__Exercise goal__
For the material below, state how many lines have the word "ground" in them, with no other words.

+ + + + + + +

-- ===== src/Protobuf/Deserializer/Unknown.antt =====
-- The unknown fields of a message, as src/protobuf/qprotobufmessage.cpp gives them back.
use qtgrpc.Prelude.{ℕ, ◌==◌, ◌≡◌, ◌≢◌, arith, if◌then◌else◌, List, [], ◌∷◌, ◌++◌}
use qtgrpc.Protobuf.Deserializer.{UnknownEntries, store_unknown_entry}

-- `unknownEntries.value(field)`
unfoldable pub unknown_field_data : UnknownEntries → ℕ → List (List ℕ)
unknown_field_data [] field = []
unknown_field_data ((n, entries) ∷ rest) field =
    let others = unknown_field_data rest field in if n == field then entries else others

-- `unknownEntries.keys()`
unfoldable pub unknown_field_numbers : UnknownEntries → List ℕ
unknown_field_numbers [] = []
unknown_field_numbers ((n, entries) ∷ rest) = n ∷ unknown_field_numbers rest

store_same :
    (es : UnknownEntries) (entry : List ℕ) (n : ℕ)
    → unknown_field_data (store_unknown_entry es entry n) n
      ≡ unknown_field_data es n ++ (entry ∷ [])
unfolding unknown_field_data store_unknown_entry
store_same [] entry n = ground arith
store_same ((k, entries) ∷ rest) entry n = ground (arith, store_same rest entry n)

store_other :
    (es : UnknownEntries) (entry : List ℕ) (n field : ℕ)
    → n ≢ field
    → unknown_field_data (store_unknown_entry es entry n) field ≡ unknown_field_data es field
unfolding unknown_field_data store_unknown_entry
store_other [] entry n field h = ground arith
store_other ((k, entries) ∷ rest) entry n field h = ground (arith, store_other rest entry n field h)

-- A stored entry comes last among the data of its field, and the data of every other field stay.
unknown_field_data-store_unknown_entry :
    (es : UnknownEntries) (entry : List ℕ) (n field : ℕ)
    → n ≢ field
    → (unknown_field_data (store_unknown_entry es entry n) n
        ≡ unknown_field_data es n ++ (entry ∷ []))
      × (unknown_field_data (store_unknown_entry es entry n) field ≡ unknown_field_data es field)
unknown_field_data-store_unknown_entry es entry n field h =
    (store_same es entry n, store_other es entry n field h)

+ + + + + + +

__Answer to this exercise__
4